The Maravi engaged in trade both locally and in the wider Indian Ocean trade. Muzura was a Kalonga revered in Portuguese records; his identity has been debated. Undi had the choice of the Kalonga's successors, and, according to Juwayeyi, Muzura was originally part of the royalty at Mano. Portuguese reports say that he led workers on a settler's plantation and was a renowned hunter. He aided the Portuguese in defeating the rivals of the Mwenemutapa, Gatsi Rusere, in 1608. Juwayeyi says that Muzura had a second capital in the Mwanza–Neno region, closer to the Zambezi, where, in 1616, he provided hospitality to Portuguese traveller Gaspar Bocarro, who wrote the first historical account of Maravi. In 1622, Muzura defeated Lundu with the help of the Portuguese, becoming the undisputed ruler of the region. Under Muzura, trade flourished and the Maravi grew very wealthy. In 1629, Muzura allied with Mwenemutapa Kapararidze, Gatsi Rusere's successor, aiming to expel the Portuguese from Zambezia. However, Muzura's attack on Quelimane was unsuccessful. Portuguese records in 1635 described Muzura as cunning and very powerful, and he died in the 1640s.

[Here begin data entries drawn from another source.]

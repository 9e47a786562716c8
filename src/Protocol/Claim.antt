-- ===== src/Protocol/Claim.antt =====
-- `zipc_buffer_claim` of src/core/zipc.c.
pub mod Laws
pub mod Conditions
use z_ipc.State.{
  clear_claim_token, cas_state, buffer_invalid, put_slot, cas_token, Slot, Message, World, Buffer,
}
use z_ipc.Platform.{tick, now_ns, protect_slot, Platform}
use z_ipc.Base.{leb, ◌||◌, ◌==◌, not, true, ◌+◌, false, if◌then◌else◌, Bool, ℕ}
use z_ipc.Status.{
  deadline, invalid_state, invalid_argument, sequence_mismatch, owned, component_id_valid,
  is_in_transfer, invalid_receiver, ok, claiming, is_ok, stale_handle, received, in_transfer,
  invalid_component_id, Status,
}
use z_ipc.Trace.{trace_slot, record_slot_error, record_protocol_error}
use z_ipc.Word.{u32}
use z_ipc.Handle.{
  send, receive, claim_code, handle_generation, claim_token_make, claim_token_kind, handle_slot_id,
}
use z_ipc.Component.{registered_epoch}
use z_ipc.Protocol.Common.{past_hop_limit, past_deadline, free_claiming_slot, give_back}
use z_ipc.VisitedSet.{visited_set_add}
use z_ipc.Buffer.{make_view}

-- The slot stays in TRANSFER, its token cleared, and the error is counted.
unfoldable pub refuse_claim :
    Platform → ℕ → ℕ → ℕ → Slot → Status → Buffer → World → Status × Buffer × World
refuse_claim p slot_id receiver claim s status buffer w = (
  status,
  buffer,
  record_protocol_error p (put_slot w slot_id (give_back in_transfer claim s)) receiver,
)

-- A claim that failed after the slot changed hands: the slot is freed and the buffer cleared. The
-- payload pages are closed again if they had been opened.
unfoldable pub drop_claim : Platform → ℕ → ℕ → Slot → Status → World → Status × Buffer × World
drop_claim p slot_id receiver s status w =
    let (traced, w1) = record_slot_error p w slot_id s receiver in
    (status, buffer_invalid, put_slot w1 slot_id (free_claiming_slot traced))

unfoldable pub drop_claim_closing :
    Platform → ℕ → ℕ → Slot → Status → World → Status × Buffer × World
drop_claim_closing p slot_id receiver s status w =
    let (traced, w1) = record_slot_error p w slot_id s receiver in
    let (closing, w2) = protect_slot p w1 slot_id false in
    (status, buffer_invalid, put_slot w2 slot_id (free_claiming_slot traced))

unfoldable pub received_slot : ℕ → ℕ → ℕ → Slot → Slot
received_slot receiver receiver_epoch now s = record s {
  owner_id = receiver;
  next_owner_id = invalid_component_id;
  owner_epoch = receiver_epoch;
  hop_count = u32 (s.transfer_hop_count + 1);
  visited = visited_set_add s.visited receiver;
  acquired_ns = now;
}

-- From the protection of the payload pages on.
unfoldable pub commit_claim :
    Platform → ℕ → ℕ → ℕ → ℕ → Slot → Buffer → World → Status × Buffer × World
commit_claim p handle slot_id receiver claim s buffer w =
    let (protect_status, w1) = protect_slot p w slot_id true in
    let (view_status, view) = make_view w1 slot_id s handle buffer in
    let (traced, w2) = trace_slot p w1 slot_id s receiver received in
    if not (is_ok protect_status)
    then drop_claim p slot_id receiver s protect_status w1
    else if not (is_ok view_status)
    then drop_claim_closing p slot_id receiver s view_status w1
    else (ok, view, put_slot w2 slot_id (give_back owned claim traced))

-- The part that runs in CLAIMING, on the claimed slot.
unfoldable pub claim_claimed :
    Platform → Message → ℕ → ℕ → ℕ → ℕ → Slot → Buffer → World → Status × Buffer × World
claim_claimed p message slot_id receiver receiver_epoch claim s buffer w =
    if not (s.generation == handle_generation message.handle)
    then refuse_claim p slot_id receiver claim s stale_handle buffer w
    else if not (s.owner_id == message.source_component) || not (s.next_owner_id == receiver)
    then refuse_claim p slot_id receiver claim s invalid_receiver buffer w
    else if not (s.transfer_sequence == message.transfer_sequence)
    then refuse_claim p slot_id receiver claim s sequence_mismatch buffer w
    else if past_deadline s (now_ns p w)
    then refuse_claim p slot_id receiver claim s deadline buffer (tick w)
    else if past_hop_limit s
    then refuse_claim p slot_id receiver claim s Status.hop_limit buffer (tick w)
    else commit_claim p message.handle slot_id receiver claim
        (received_slot receiver receiver_epoch (now_ns p w) s) buffer (tick w)

-- A token that a sender has not yet cleared is taken over.
abbrev win_claim : ℕ → Slot → Bool × Slot
win_claim claim s =
    let (won, s1) = cas_token 0 claim s in
    let (taken_over, s2) = cas_token s.claim_token claim s in
    if won
    then (true, s1)
    else if not (claim_token_kind s.claim_token == claim_code send) || not (is_in_transfer s.state)
    then (false, s)
    else (taken_over, s2)

-- The claim of the slot `s`.
unfoldable pub claim_slot :
    Platform → Message → ℕ → ℕ → ℕ → Slot → Buffer → World → Status × Buffer × World
claim_slot p message slot_id receiver receiver_epoch s buffer w =
    let claim = claim_token_make receive receiver receiver_epoch in
    let (token_won, s1) = win_claim claim s in
    let (state_won, s2) = cas_state in_transfer claiming s1 in
    if not token_won
    then (invalid_state, buffer, record_protocol_error p w receiver)
    else if not state_won
    then (
      invalid_state,
      buffer,
      record_protocol_error p (put_slot w slot_id (clear_claim_token s1 claim)) receiver,
    )
    else claim_claimed p message slot_id receiver receiver_epoch claim s2 buffer w

unfoldable pub buffer_claim : Platform → Message → ℕ → Buffer → World → Status × Buffer × World
buffer_claim p message receiver buffer w =
    let slot_id = handle_slot_id message.handle in
    let s = w.pool.controls slot_id in
    if not (component_id_valid receiver)
    then (invalid_argument, buffer, w)
    else if not (message.pool_id == w.pool.pool_id)
    then (Status.invalid_handle, buffer, record_protocol_error p w receiver)
    else if not (message.destination_component == receiver)
    then (invalid_receiver, buffer, record_protocol_error p w receiver)
    else if leb w.pool.header.slot_count slot_id
    then (Status.invalid_handle, buffer, record_protocol_error p w receiver)
    else if not (is_in_transfer s.state)
    then (invalid_state, buffer, record_protocol_error p w receiver)
    else claim_slot p message slot_id receiver (registered_epoch w.pool receiver) s buffer w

=== Decline and collapse ===
The Maravi empire began to decline and fragment in the 18th century as the system for succession broke down. The power of the Banda clan had grown since Undi and Nyangu had left Mankhamba, as a candidate for Kalonga required the approval of counsellors belonging to the Banda clan, leaving the Kalonga (belonging to the Phiri clan) relatively isolated. During the 18th century, Undi lost the role of appointing Kalongas as the counsellors assumed that responsibility. Undi's authority was further weakened by the Portuguese working gold deposits north of the Zambezi, who dealt with his lesser chiefs directly. By the turn of the 19th century, many Chewa, Pimbe, and Nsenga had broken away. At Mankhamba, despite the convenience of appointing Kalongas locally, powerful counsellors manipulated and abused the system. This was compounded by some territorial chiefs' dissatisfaction at not being permitted to sell ivory directly to foreign merchants. As territorial chiefs broke away and the Kalonga lost control over trade, the Yao people in what is now northern Mozambique opened new trade routes. Rather than following succession conventions, new Kalongas came to power via armed conflict, and there were many short reigns throughout this time. This included rulers not belonging to the Phiri clan, such as Mchepera of the Mwale clan and Kampini of the Mbewe clan. The Undi is said to have led a force to install his own royal line as Kalonga and depose Mkhwima, and while he was not successful, he continued to press his dynasty's claims. A deposed Kalonga, Khute, fled to one of the chiefdoms, splitting the state. Makewana is also said to have led revolts against the Kalonga after he raped one of her matsano, and was supported by Undi. In the late 18th or early 19th century, Mankhamba was abandoned.

From the early 19th century, the Yao led slave raids into the southern region around Lake Malawi, often using guns, which devastated Chewa communities. Slaves were sold to Arab or Swahili traders, and some Chewa chiefs engaged in the trade due to how profitable it was. Foreign traders dealt directly with lesser chiefs, empowering them and disrupting the hierarchical system of authority. The 1820s saw a great famine. Around 1837, the Maseko Ngoni arrived in the region from Mozambique, having fled the Mfecane, and also engaged in raiding the Chewa. The Chewa became a series of independent villages, militarily disorganised and often hostile to one another. During the Kalonga's decline, the northern polities of Mkanda, Mwase, and Kanyenda became more influential.

The last Kalonga was Sosola, who was of the Phiri clan and a descendant of Nyangu. With the help of four chiefs—three of which were Yao, with one called Mnanula—he defeated Kalonga Kampini, whose rule was said to be illegitimate as he was not of the Phiri clan, and usurped the title. The Yao chiefs began raiding the Maravi, which Sosola lacked the military capacity to prevent. Instead he made diplomatic efforts, but the Ngoni refused to help him. He turned to a Yao group led by Msamala and his son Mponda, who accepted his request and defeated the group led by Mnanula. However, they too began slave raiding, forcing Sosola to leave and settle near Mankhamba and Mnanula's settlement. Towards the end of the 1860s, a war broke out between Sosola and Mnanula, reportedly resulting in Mnanula shooting and killing Sosola, afterwards changing his name to Pemba in triumph. (Note: Robert Laws met Pemba over a decade after the battle, describing him as "tall, strongly built with a determined expression of countenance, who would not be likely to scruple about committing a cruel action to accomplish his ends".) This saw the end of the position of Kalonga. In 1864, a blind and old Lundu was killed by some Makololo chiefs who had accompanied David Livingstone on his Zambezi expedition. Two decades later, the region was colonised by the British, and the slave trade ended by the turn of the 20th century.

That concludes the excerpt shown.